Figure 2.

Ca²⁺ transients elicited by either membrane depolarization or high-frequency mf stimulation. A, Unprocessed fluorescence image of a GrC filled with 200 μm OG1. Scale bar, 5 μm. Fluorescence intensity is color coded with arbitrary units within an interval chosen to allow the visualization of the synaptic terminals (note that, although the soma fluorescence appears saturated within this interval, it does not saturate the CCD detectors).
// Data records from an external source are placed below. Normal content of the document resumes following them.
-- ===== src/Timelock/Deps.antt =====
-- The helpers of contracts/router-timelock/src/lib.rs that read the dependencies of an operation, and
-- those that keep the indexes of pending and finalized operations.
--
-- The recursions go down from `depth` to the limit: `levels` counts the depths that are left, so zero
-- levels are the source's test `depth > MAX_DEPENDENCY_DEPTH`.
use stellar_router.Prelude.{
  ℕ, zero, suc, ◌+◌, ◌-◌, Bool, true, false, not, ◌&&◌, ◌||◌, Option, none, some, List, [], ◌∷◌,
  ◌++◌, ltb, unwrap_or, any, without, remove,
}
use stellar_router.Prelude.Words.{checked_add_u64}
use stellar_router.Common.{Env, err, try_for_each, fail_if}
use stellar_router.Timelock.{
  Timelock, Op, OpId, Call, dependency_too_deep, dependency_not_executed, max_dependency_depth,
}

unfoldable pub load_deps : Timelock → OpId → List OpId
load_deps s id = unwrap_or (s.deps id) []

unfoldable pub check_levels : ℕ → Timelock → OpId → Call (Unit {0})
unfolding load_deps
check_levels zero s id = err dependency_too_deep
check_levels (suc levels) s id = try_for_each (check_levels levels s) (load_deps s id)

unfoldable pub check_dependency_depth : Timelock → OpId → ℕ → Call (Unit {0})
unfolding check_levels
check_dependency_depth s id depth = check_levels (max_dependency_depth + 1 - depth) s id

abbrev pub is_executed : Option Op → Bool
is_executed none = false
is_executed (some op) = op.executed

unfoldable pub require_dependencies_executed : Timelock → OpId → Call (Unit {0})
unfolding load_deps
require_dependencies_executed s id =
    try_for_each (λ dep. fail_if (not (is_executed (s.ops dep))) dependency_not_executed)
      (load_deps s id)

-- `checked_add(..).is_none_or(|expiry| now > expiry)`
abbrev pub is_past : Option ℕ → ℕ → Bool
is_past none now = true
is_past (some expiry) now = ltb expiry now

unfoldable pub is_expired : Op → ℕ → Bool
is_expired op now = is_past (checked_add_u64 op.eta op.grace_period_seconds) now

-- The match on a dependency in `has_blocked_dependency_at_depth`; `rest` is the recursive call.
unfoldable pub blocks : ℕ → Bool → Option Op → Bool
unfolding is_expired
blocks now rest none = true
blocks now rest (some op) =
    op.cancelled || (not op.executed && is_expired op now) || (not op.executed && rest)

unfoldable pub blocked_levels : ℕ → ℕ → Timelock → OpId → Bool
unfolding load_deps blocks
blocked_levels now zero s id = true
blocked_levels now (suc levels) s id =
    any (λ dep. blocks now (blocked_levels now levels s dep) (s.ops dep)) (load_deps s id)

unfoldable pub has_blocked_dependency_at_depth : Env → Timelock → OpId → ℕ → Bool
unfolding blocked_levels
has_blocked_dependency_at_depth env s id depth =
    blocked_levels env.timestamp (max_dependency_depth + 1 - depth) s id

unfoldable pub has_blocked_dependency : Env → Timelock → OpId → Bool
unfolding has_blocked_dependency_at_depth
has_blocked_dependency env s id = has_blocked_dependency_at_depth env s id 0

abbrev pub pending : Timelock → List OpId
pending s = unwrap_or s.pending_ops []

abbrev pub finalized : Timelock → List OpId
finalized s = unwrap_or s.finalized_ops []

unfoldable pub add_to_pending_ops : Timelock → OpId → Timelock
add_to_pending_ops s id = record s { pending_ops = some (pending s ++ id ∷ []) }

unfoldable pub remove_from_pending_ops : Timelock → OpId → Timelock
remove_from_pending_ops s id = record s { pending_ops = some (without id (pending s)) }

unfoldable pub add_to_finalized_ops : Timelock → OpId → Timelock
add_to_finalized_ops s id = record s { finalized_ops = some (finalized s ++ id ∷ []) }

unfoldable pub remove_op_storage : Timelock → OpId → Timelock
remove_op_storage s id = record s { ops = remove s.ops id; deps = remove s.deps id }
The shape of a glomerulus is clearly visible at the terminal portion of the dendrite. B, During voltage-clamp recordings, we measured the Ca²⁺ transients induced either by a 200 ms depolarization from -70 to 0 mV or by high-frequency mf stimulation (1 s at 100 Hz) while holding the GrC at -70 mV in the absence of extracellular Mg²⁺. The corresponding time series of pseudoratio images from this GrC (warmer color code for higher ΔF/F₀) is shown. The Ca²⁺ increase is maximal at the level of the glomerulus during both depolarization and mf stimulation. C, ΔF/F₀ is evaluated in the ROI (inset) at the level of the glomerulus for the same cell as in A and B. Depolarization and mf stimulation induce Ca²⁺ transients of similar maximal amplitude at the synaptic level. In this and subsequent figures, depolarization and mf stimulation are indicated by black bars. The voltage-clamp (VC) current elicited by depolarization and mf stimulation is shown at the bottom on the same time scale as the Ca²⁺ transient and is expanded in the inset. During depolarization, a large peak Na⁺ current is followed by a persistent component partially masked by outward K⁺ currents (the Ca²⁺ current is clearly visible only under selective ionic conditions) (Rossi et al., 1994). During mf stimulation, the EPSC oscillations are associated with a steady current mostly determined by NMDA channels (Rossi et al., 2002).